Problem to work on:
The entries below contain a line with "(before after : List" and a line with "unfolding apply add_configured call_handler". Quote exactly those two lines and all lines between them.

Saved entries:
=== Section Start ===
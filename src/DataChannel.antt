-- ===== src/DataChannel.antt =====
-- internal/sfu/datachannel.go: the middlewares of a data channel. A processor is of any type; a
-- middleware makes one from the next.
pub mod Messages
mod Tests
use mini_sfu.Base.{
  ℕ, zero, suc, ◌+◌, ◌-◌, ◌≤◌, ◌<◌, ◌≡◌, refl, ap, ◌∙◌, sym, List, [], ◌∷◌, ◌++◌, length, get_or,
  arith, length-append, get_or-snoc, get_or-append_left,
}
use mathlib.Core.List.{append-nil, append_assoc}

module _ {ℓ} {P : Type ℓ} where
  -- The loop of `chain` over the indexes below `i`, from the last to the first.
  pub wrap : List (P → P) → ℕ → P → P
  wrap mws zero h = h
  wrap mws (suc i) h = wrap mws i (get_or mws i (λ p. p) h)

  -- `chain`
  pub chain : List (P → P) → P → P
  chain [] last = last
  chain (mw ∷ mws) last =
      wrap (mw ∷ mws) (length mws) (get_or (mw ∷ mws) (length mws) (λ p. p) last)

  -- the first middleware outermost
  abbrev pub nested : List (P → P) → P → P
  nested [] last = last
  nested (mw ∷ mws) last = mw (nested mws last)

  wrap_more :
      (mw : P → P) (mws : List (P → P)) (i : ℕ) (h : P)
      → wrap (mw ∷ mws) (suc i) h ≡ mw (wrap mws i h)
  unfolding wrap
  wrap_more mw mws zero h = refl
  wrap_more mw mws (suc i) h = wrap_more mw mws i (get_or mws i (λ p. p) h)

  wrap-nested : (mws : List (P → P)) (h : P) → wrap mws (length mws) h ≡ nested mws h
  unfolding wrap
  wrap-nested [] h = refl
  wrap-nested (mw ∷ mws) h = wrap_more mw mws (length mws) h ∙ ap mw (wrap-nested mws h)

  -- A message goes through the middlewares of a channel in the order in which they were added, each
  -- around the rest, and then to the last processor.
  pub chain-nested : (mws : List (P → P)) (last : P) → chain mws last ≡ nested mws last
  unfolding chain wrap
  chain-nested [] last = refl
  chain-nested (mw ∷ mws) last = wrap-nested (mw ∷ mws) last
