-- ===== src/DataChannel/Messages.antt =====
-- datachannel.go, NewDatachannel of sfu.go and AddDatachannel of subscriber.go: the channels that every
-- peer gets. A `*DataChannel` is an index into those of the SFU.
pub mod Configured
mod Tests
use mini_sfu.Base.Maps.{insert}
use mini_sfu.Base.{
  ℕ, Bool, Option, none, some, List, [], ◌∷◌, ◌++◌, ◌==◌, if◌then◌else◌, set, get_or,
}
use mini_sfu.Subscriber.{Subscriber}
use mini_sfu.Router.{Peer}
use mini_sfu.Router.Channels.{get_data_channels}
use mini_sfu.DataChannel.{chain}

-- What a message is processed with: what `onMessage` of each channel then is, the peers of the
-- session, and which channels are open.
pub record World {ℓ} (Args Out : Type ℓ) : Type ℓ where
  pub handler_of : ℕ → Option (Args → List ℕ → Out)
  pub peers : List Peer
  pub is_open : ℕ → Bool

-- `MessageProcessor`
abbrev pub Processor {ℓ} : Type ℓ → Type ℓ → Type ℓ
Processor Args Out = World Args Out → Args → Out

-- `DataChannel`
pub record Channel {ℓ} (Args Out : Type ℓ) : Type ℓ where
  pub label : ℕ
  pub middlewares : List (Processor Args Out → Processor Args Out)
  pub on_message : Option (Args → List ℕ → Out)

-- `NewDatachannel`
abbrev pub made {ℓ} : {Args Out : Type ℓ} → ℕ → Channel Args Out
made label = record { label = label; middlewares = []; on_message = none }

pub data Call {ℓ} (Args Out : Type ℓ) : Type ℓ where
  -- `NewDatachannel`
  new_datachannel : ℕ → Call Args Out
  -- `Use` and `OnMessage` of a channel
  use_on : ℕ → List (Processor Args Out → Processor Args Out) → Call Args Out
  on_message_of : ℕ → (Args → List ℕ → Out) → Call Args Out

module _ {ℓ} {Args Out : Type ℓ} where
  pub apply : List (Channel Args Out) → Call Args Out → List (Channel Args Out)
  apply dcs (new_datachannel label) = dcs ++ (made label ∷ [])
  apply dcs (use_on dc mws) =
      let c = get_or dcs dc (made 0) in set dcs dc (record c { middlewares = c.middlewares ++ mws })
  apply dcs (on_message_of dc fn) =
      set dcs dc (record (get_or dcs dc (made 0)) { on_message = some fn })

  pub configure : List (Channel Args Out) → List (Call Args Out) → List (Channel Args Out)
  configure dcs [] = dcs
  configure dcs (call ∷ calls) = configure (apply dcs call) calls

  -- The `ProcessFunc` of `AddDatachannel`: `quiet` does nothing.
  pub call_handler : Out → ℕ → ℕ → ℕ → Processor Args Out
  call_handler quiet origin dc label w args = elim (w.handler_of dc) [
    | none ↦ quiet
    | some fn ↦ fn args (get_data_channels w.is_open origin label w.peers)
  ]

  -- `AddDatachannel`: the Subscriber, and what processes the messages; `created` is what the
  -- connection makes of the label.
  pub add_configured :
      Out
      → List (Channel Args Out)
      → ℕ
      → ℕ
      → Option ℕ
      → Subscriber
      → Option (Subscriber × Processor Args Out)
  add_configured quiet dcs origin dc none s = none
  add_configured quiet dcs origin dc (some ndc) s =
      let c = get_or dcs dc (made 0) in
      some (
        record s { channels = insert c.label ndc s.channels },
        chain c.middlewares (call_handler quiet origin dc c.label),
      )

  -- the middlewares that the calls add to a channel, in order
  abbrev pub used : ℕ → List (Call Args Out) → List (Processor Args Out → Processor Args Out)
  used dc [] = []
  used dc (new_datachannel label ∷ calls) = used dc calls
  used dc (use_on i mws ∷ calls) = if i == dc then mws ++ used dc calls else used dc calls
  used dc (on_message_of i fn ∷ calls) = used dc calls

  -- the last handler that the calls give a channel
  abbrev pub latest :
      ℕ → List (Call Args Out) → Option (Args → List ℕ → Out) → Option (Args → List ℕ → Out)
  latest dc [] fn = fn
  latest dc (new_datachannel label ∷ calls) fn = latest dc calls fn
  latest dc (use_on i mws ∷ calls) fn = latest dc calls fn
  latest dc (on_message_of i fn' ∷ calls) fn = latest dc calls (if i == dc then some fn' else fn)
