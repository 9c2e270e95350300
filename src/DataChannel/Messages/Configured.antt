-- ===== src/DataChannel/Messages/Configured.antt =====
-- What a message of a channel that every peer gets meets, whatever calls configure the channel.
use mini_sfu.Base.Maps.{insert}
use mini_sfu.Base.{
  ℕ, ◌<◌, ◌≤◌, ◌≡◌, ◌≢◌, refl, ap, sym, ◌∙◌, Bool, true, false, none, some, List, [], ◌∷◌, ◌++◌,
  ◌==◌, length, set, get_or, arith, Bool-cases, inl, inr, length-append, length-set, get_or-snoc,
  get_or-append_left, get_or-set_self, get_or-set_ne,
}
use mathlib.Core.List.{append-nil, append_assoc}
use mini_sfu.Subscriber.{Subscriber}
use mini_sfu.Router.{Peer}
use mini_sfu.Router.Channels.{get_data_channels}
use mini_sfu.DataChannel.{chain, nested, chain-nested}
use mini_sfu.DataChannel.Messages.{
  World, Channel, Call, new_datachannel, use_on, on_message_of, apply, configure, call_handler,
  add_configured, made, used, latest,
}

module _ {ℓ} {Args Out : Type ℓ} where
  -- A channel after the calls.
  abbrev pub settled : ℕ → List (Call Args Out) → Channel Args Out → Channel Args Out
  settled dc calls c = record {
    label = c.label;
    middlewares = c.middlewares ++ used dc calls;
    on_message = latest dc calls c.on_message;
  }

  get_or-set_at :
      (dcs : List (Channel Args Out)) (i dc : ℕ) (f : Channel Args Out → Channel Args Out)
      → dc < length dcs
      → (i == dc) ≡ true
      → get_or (set dcs i (f (get_or dcs i (made 0)))) dc (made 0) ≡ f (get_or dcs dc (made 0))
  get_or-set_at dcs i dc f inside here =
      let same : i ≡ dc = ground (arith, here) in
      rw same (get_or-set_self dcs dc (f (get_or dcs dc (made 0))) (made 0) inside)

  get_or-set_off :
      (dcs : List (Channel Args Out)) (i dc : ℕ) (c : Channel Args Out)
      → (i == dc) ≡ false
      → get_or (set dcs i c) dc (made 0) ≡ get_or dcs dc (made 0)
  get_or-set_off dcs i dc c there =
      let apart : i ≢ dc = ground (arith, there) in get_or-set_ne dcs i dc c (made 0) apart

  configure-Channel :
      (calls : List (Call Args Out)) (dcs : List (Channel Args Out)) (dc : ℕ)
      → dc < length dcs
      → get_or (configure dcs calls) dc (made 0) ≡ settled dc calls (get_or dcs dc (made 0))
  unfolding configure apply
  configure-Channel [] dcs dc inside =
      let c = get_or dcs dc (made 0) in
      ap (λ l. record c { middlewares = l }) (sym (append-nil c.middlewares))
  configure-Channel (new_datachannel label ∷ calls) dcs dc inside =
      configure-Channel calls (dcs ++ (made label ∷ [])) dc
        (omega (arith, inside, length-append dcs (made label ∷ [])))
      ∙ ap (settled dc calls) (get_or-append_left dcs (made label ∷ []) dc (made 0) inside)
  configure-Channel (use_on i mws ∷ calls) dcs dc inside =
      let add = λ (c : Channel Args Out). record c { middlewares = c.middlewares ++ mws } in
      let changed = add (get_or dcs i (made 0)) in
      let c = get_or dcs dc (made 0) in
      let rest =
        configure-Channel calls (set dcs i changed) dc
          (omega (arith, inside, length-set dcs i changed)) in
      elim (Bool-cases (i == dc)) [
        | inl here ↦ rw here (
            rest
            ∙ ap (settled dc calls) (get_or-set_at dcs i dc add inside here)
            ∙ ap (λ l. record (settled dc calls c) { middlewares = l })
                (append_assoc c.middlewares mws (used dc calls)))
        | inr there ↦
            rw there (rest ∙ ap (settled dc calls) (get_or-set_off dcs i dc changed there))
      ]
  configure-Channel (on_message_of i fn ∷ calls) dcs dc inside =
      let put = λ (c : Channel Args Out). record c { on_message = some fn } in
      let changed = put (get_or dcs i (made 0)) in
      let rest =
        configure-Channel calls (set dcs i changed) dc
          (omega (arith, inside, length-set dcs i changed)) in
      elim (Bool-cases (i == dc)) [
        | inl here ↦ rw here (rest ∙ ap (settled dc calls) (get_or-set_at dcs i dc put inside here))
        | inr there ↦
            rw there (rest ∙ ap (settled dc calls) (get_or-set_off dcs i dc changed there))
      ]

  length-configure :
      (calls : List (Call Args Out)) (dcs : List (Channel Args Out))
      → length dcs ≤ length (configure dcs calls)
  unfolding configure apply
  length-configure [] dcs = omega arith
  length-configure (new_datachannel label ∷ calls) dcs =
      let dcs' = dcs ++ (made label ∷ []) in
      omega (arith, length-configure calls dcs', length-append dcs (made label ∷ []))
  length-configure (use_on i mws ∷ calls) dcs =
      let c = get_or dcs i (made 0) in
      let changed = record c { middlewares = c.middlewares ++ mws } in
      omega (arith, length-configure calls (set dcs i changed), length-set dcs i changed)
  length-configure (on_message_of i fn ∷ calls) dcs =
      let changed = record (get_or dcs i (made 0)) { on_message = some fn } in
      omega (arith, length-configure calls (set dcs i changed), length-set dcs i changed)

  -- a channel that is new before the calls
  new-Channel :
      (calls : List (Call Args Out)) (dcs : List (Channel Args Out)) (label : ℕ)
      → get_or (configure (dcs ++ (made label ∷ [])) calls) (length dcs) (made 0)
        ≡ settled (length dcs) calls (made label)
  new-Channel calls dcs label =
      configure-Channel calls (dcs ++ (made label ∷ [])) (length dcs)
        (omega (arith, length-append dcs (made label ∷ [])))
      ∙ ap (settled (length dcs) calls) (get_or-snoc dcs (made label) (made 0))

  -- A channel that is configured by the calls `before` and that a peer then gets: its messages go
  -- through the middlewares that those calls gave it, in order, each around the rest, and then to the
  -- handler that it has at the time of the message, also one that the calls `after` set, with the open
  -- channels of the label of the other peers of the session. Without a channel from the connection the
  -- Subscriber is not changed.
  pub messages_meet :
      (quiet : Out) (dcs : List (Channel Args Out)) (label : ℕ)
      (before after : List (Call Args Out)) (origin ndc : ℕ) (s : Subscriber) (peers : List Peer)
      (is_open : ℕ → Bool) (args : Args)
      → let dc = length dcs in
        let given = configure (apply dcs (new_datachannel label)) before in
        let later = configure given after in
        let world : World Args Out = record {
          handler_of = λ i. (get_or later i (made 0)).on_message;
          peers = peers;
          is_open = is_open;
        } in
        let last = call_handler quiet origin dc label in
        (add_configured quiet given origin dc (some ndc) s
          ≡ some
              (record s { channels = insert label ndc s.channels }, nested (used dc before) last))
        × (last world args ≡ elim (latest dc after (latest dc before none)) [
          | none ↦ quiet
          | some fn ↦ fn args (get_data_channels is_open origin label peers)
        ])
        × (add_configured quiet given origin dc none s ≡ none)
  unfolding apply add_configured call_handler
  messages_meet quiet dcs label before after origin ndc s peers is_open args =
      let dc = length dcs in
      let first = dcs ++ (made label ∷ []) in
      let given = configure first before in
      let before_it : get_or given dc (made 0) ≡ settled dc before (made label) =
        new-Channel before dcs label in
      let after_it =
        configure-Channel after given dc
          (omega (arith, length-append dcs (made label ∷ []), length-configure before first))
        ∙ ap (settled dc after) before_it in
      (
        ap
              (λ (c : Channel Args Out). some (
                record s { channels = insert c.label ndc s.channels },
                chain c.middlewares (call_handler quiet origin dc c.label),
              ))
              before_it
            ∙ ap (λ p. some (record s { channels = insert label ndc s.channels }, p))
                (chain-nested (used dc before) (call_handler quiet origin dc label)),
        ap
            (λ (c : Channel Args Out). elim c.on_message [
              | none ↦ quiet
              | some fn ↦ fn args (get_data_channels is_open origin label peers)
            ])
            after_it,
        refl,
      )
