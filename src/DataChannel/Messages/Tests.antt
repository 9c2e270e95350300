-- ===== src/DataChannel/Messages/Tests.antt =====
-- A channel that every peer gets, and the theorem at it.
use mini_sfu.Base.Maps.{insert}
use mini_sfu.Base.{ℕ, ◌≡◌, refl, true, none, some, List, [], ◌∷◌, get_or}
use mini_sfu.Subscriber.{new_subscriber}
use mini_sfu.Router.{Peer, new_router}
use mini_sfu.Router.Channels.{get_data_channels}
use mini_sfu.DataChannel.{nested}
use mini_sfu.DataChannel.Messages.{
  World, Processor, Channel, Call, new_datachannel, use_on, on_message_of, apply, configure,
  call_handler, add_configured, made,
}
use mini_sfu.DataChannel.Messages.Configured.{messages_meet}

-- A middleware that notes its number, and handlers that list what they get.
abbrev noting : ℕ → Processor ℕ (List ℕ) → Processor ℕ (List ℕ)
noting n p = λ world args. n ∷ p world args

abbrev replying : ℕ → List ℕ → List ℕ
replying message out = message ∷ out

abbrev ignoring : ℕ → List ℕ → List ℕ
ignoring message out = []

abbrev before : List (Call ℕ (List ℕ))
before =
    use_on 0 (noting 1 ∷ [])
    ∷ new_datachannel 8
    ∷ use_on 1 (noting 5 ∷ [])
    ∷ use_on 0 (noting 2 ∷ [])
    ∷ on_message_of 0 ignoring
    ∷ []

abbrev after : List (Call ℕ (List ℕ))
after = on_message_of 0 replying ∷ use_on 0 (noting 3 ∷ []) ∷ []

abbrev having : ℕ → ℕ → Peer
having id dc = record {
  id = id;
  subscriber = record (new_subscriber id) { channels = insert 7 dc [] };
  router = new_router id;
}

abbrev session_peers : List Peer
session_peers = having 1 61 ∷ having 2 62 ∷ having 3 63 ∷ []

abbrev no_channels : List (Channel ℕ (List ℕ))
no_channels = []

abbrev at_last : List (Channel ℕ (List ℕ))
at_last = configure (configure (apply no_channels (new_datachannel 7)) before) after

abbrev last_world : World ℕ (List ℕ)
last_world = record {
  handler_of = λ i. (get_or at_last i (made 0)).on_message;
  peers = session_peers;
  is_open = λ dc. true;
}

-- The middleware that is added after the peer has the channel is not met.
meets :
    nested (noting 1 ∷ noting 2 ∷ []) (call_handler [] 2 0 7) last_world 40
    ≡ 1 ∷ 2 ∷ 40 ∷ 61 ∷ 63 ∷ []
unfolding apply configure call_handler get_data_channels
meets = refl

messages_meet_example :
    (add_configured []
        (configure (apply no_channels (new_datachannel 7)) before)
        2
        0
        (some 62)
        (new_subscriber 2)
      ≡ some (
        record (new_subscriber 2) { channels = insert 7 62 [] },
        nested (noting 1 ∷ noting 2 ∷ []) (call_handler [] 2 0 7),
      ))
    × (call_handler [] 2 0 7 last_world 40 ≡ 40 ∷ get_data_channels (λ dc. true) 2 7 session_peers)
    × (add_configured []
          (configure (apply no_channels (new_datachannel 7)) before)
          2
          0
          none
          (new_subscriber 2)
        ≡ none)
messages_meet_example =
    messages_meet [] no_channels 7 before after 2 62 (new_subscriber 2) session_peers (λ dc. true)
      40
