-- ===== src/Traces/Filter.antt =====
-- traces/backends/common/trace-filter.util.ts: the traces that carry the attribute of a project. What
-- is logged when nothing is left is left out.
pub mod Laws
use arcane_backend.Common.{
  String, Option, none, some, Bool, true, false, ◌&&◌, ◌||◌, ◌==◌, List, some_of, filter_by,
  same_id,
}
use arcane_backend.Traces.Attributes.{
  Primitive, text, number, boolean, OtlpValue, Value, null_value, primitive, object, Attribute,
  Holder, Span, ScopeSpans, Batch, TraceResponse, TraceSummary, items,
}

pub record ProjectTraceFilter : Type 0 where
  pub attribute_name : String
  pub attribute_value : String

-- `String(value)`
abbrev pub to_text : Primitive → String
to_text (text s) = s
to_text (number s) = s
to_text (boolean true) = "true"
to_text (boolean false) = "false"

-- The loop over the keys of OTLP values: the first that is there.
abbrev pub first_present : Option Primitive → Option String → Option String
first_present none later = later
first_present (some v) later = some (to_text v)

unfoldable pub extract_from_otlp_object : OtlpValue → Option String
extract_from_otlp_object obj = first_present obj.string_value (
    first_present obj.int_value
      (first_present obj.bool_value (first_present obj.double_value none)))

unfoldable pub extract_attribute_value : Value → Option String
unfolding extract_from_otlp_object
extract_attribute_value null_value = none
extract_attribute_value (primitive v) = some (to_text v)
extract_attribute_value (object obj) = extract_from_otlp_object obj

unfoldable pub attribute_matches_filter : ProjectTraceFilter → Attribute → Bool
unfolding extract_attribute_value
attribute_matches_filter filter attr =
    attr.key == filter.attribute_name
    && same_id (extract_attribute_value attr.value) (some filter.attribute_value)

-- `spanHasMatchingAttribute`, and the same test of a resource
unfoldable pub has_matching_attribute : ProjectTraceFilter → Option (List Attribute) → Bool
unfolding attribute_matches_filter some_of
has_matching_attribute filter attributes =
    some_of (attribute_matches_filter filter) (items attributes)

unfoldable pub resource_has_matching_attribute : ProjectTraceFilter → Option Holder → Bool
unfolding has_matching_attribute
resource_has_matching_attribute filter none = false
resource_has_matching_attribute filter (some resource) =
    has_matching_attribute filter resource.attributes

unfoldable pub span_has_matching_attribute : ProjectTraceFilter → Span → Bool
unfolding has_matching_attribute
span_has_matching_attribute filter span = has_matching_attribute filter span.attributes

unfoldable pub scope_has_matching_attribute : ProjectTraceFilter → ScopeSpans → Bool
unfolding span_has_matching_attribute some_of
scope_has_matching_attribute filter scope =
    some_of (span_has_matching_attribute filter) (items scope.spans)

unfoldable pub batch_has_matching_attribute : ProjectTraceFilter → Batch → Bool
unfolding resource_has_matching_attribute scope_has_matching_attribute some_of
batch_has_matching_attribute filter batch =
    resource_has_matching_attribute filter batch.resource
    || some_of (scope_has_matching_attribute filter) (items batch.scope_spans)

unfoldable pub filter_full_trace : ProjectTraceFilter → TraceResponse → Bool
unfolding batch_has_matching_attribute some_of
filter_full_trace filter trace = some_of (batch_has_matching_attribute filter) (items trace.batches)

unfoldable pub filter_full_traces : List TraceResponse → ProjectTraceFilter → List TraceResponse
unfolding filter_full_trace filter_by
filter_full_traces traces filter = filter_by (filter_full_trace filter) traces

unfoldable pub trace_summary_has_matching_attribute : ProjectTraceFilter → TraceSummary → Bool
unfolding has_matching_attribute some_of
trace_summary_has_matching_attribute filter trace =
    some_of (λ span. has_matching_attribute filter span.attributes) (items trace.spans)

unfoldable pub filter_trace_summaries : List TraceSummary → ProjectTraceFilter → List TraceSummary
unfolding trace_summary_has_matching_attribute filter_by
filter_trace_summaries traces filter =
    filter_by (trace_summary_has_matching_attribute filter) traces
=== Section End ===
Finished task:
      (before after : List (Call Args Out)) (origin ndc : ℕ) (s : Subscriber) (peers : List Peer)
      (is_open : ℕ → Bool) (args : Args)
      → let dc = length dcs in
        let given = configure (apply dcs (new_datachannel label)) before in
        let later = configure given after in
        let world : World Args Out = record {
          handler_of = λ i. (get_or later i (made 0)).on_message;
          peers = peers;
          is_open = is_open;
        } in
        let last = call_handler quiet origin dc label in
        (add_configured quiet given origin dc (some ndc) s
          ≡ some
              (record s { channels = insert label ndc s.channels }, nested (used dc before) last))
        × (last world args ≡ elim (latest dc after (latest dc before none)) [
          | none ↦ quiet
          | some fn ↦ fn args (get_data_channels is_open origin label peers)
        ])
        × (add_configured quiet given origin dc none s ≡ none)
  unfolding apply add_configured call_handler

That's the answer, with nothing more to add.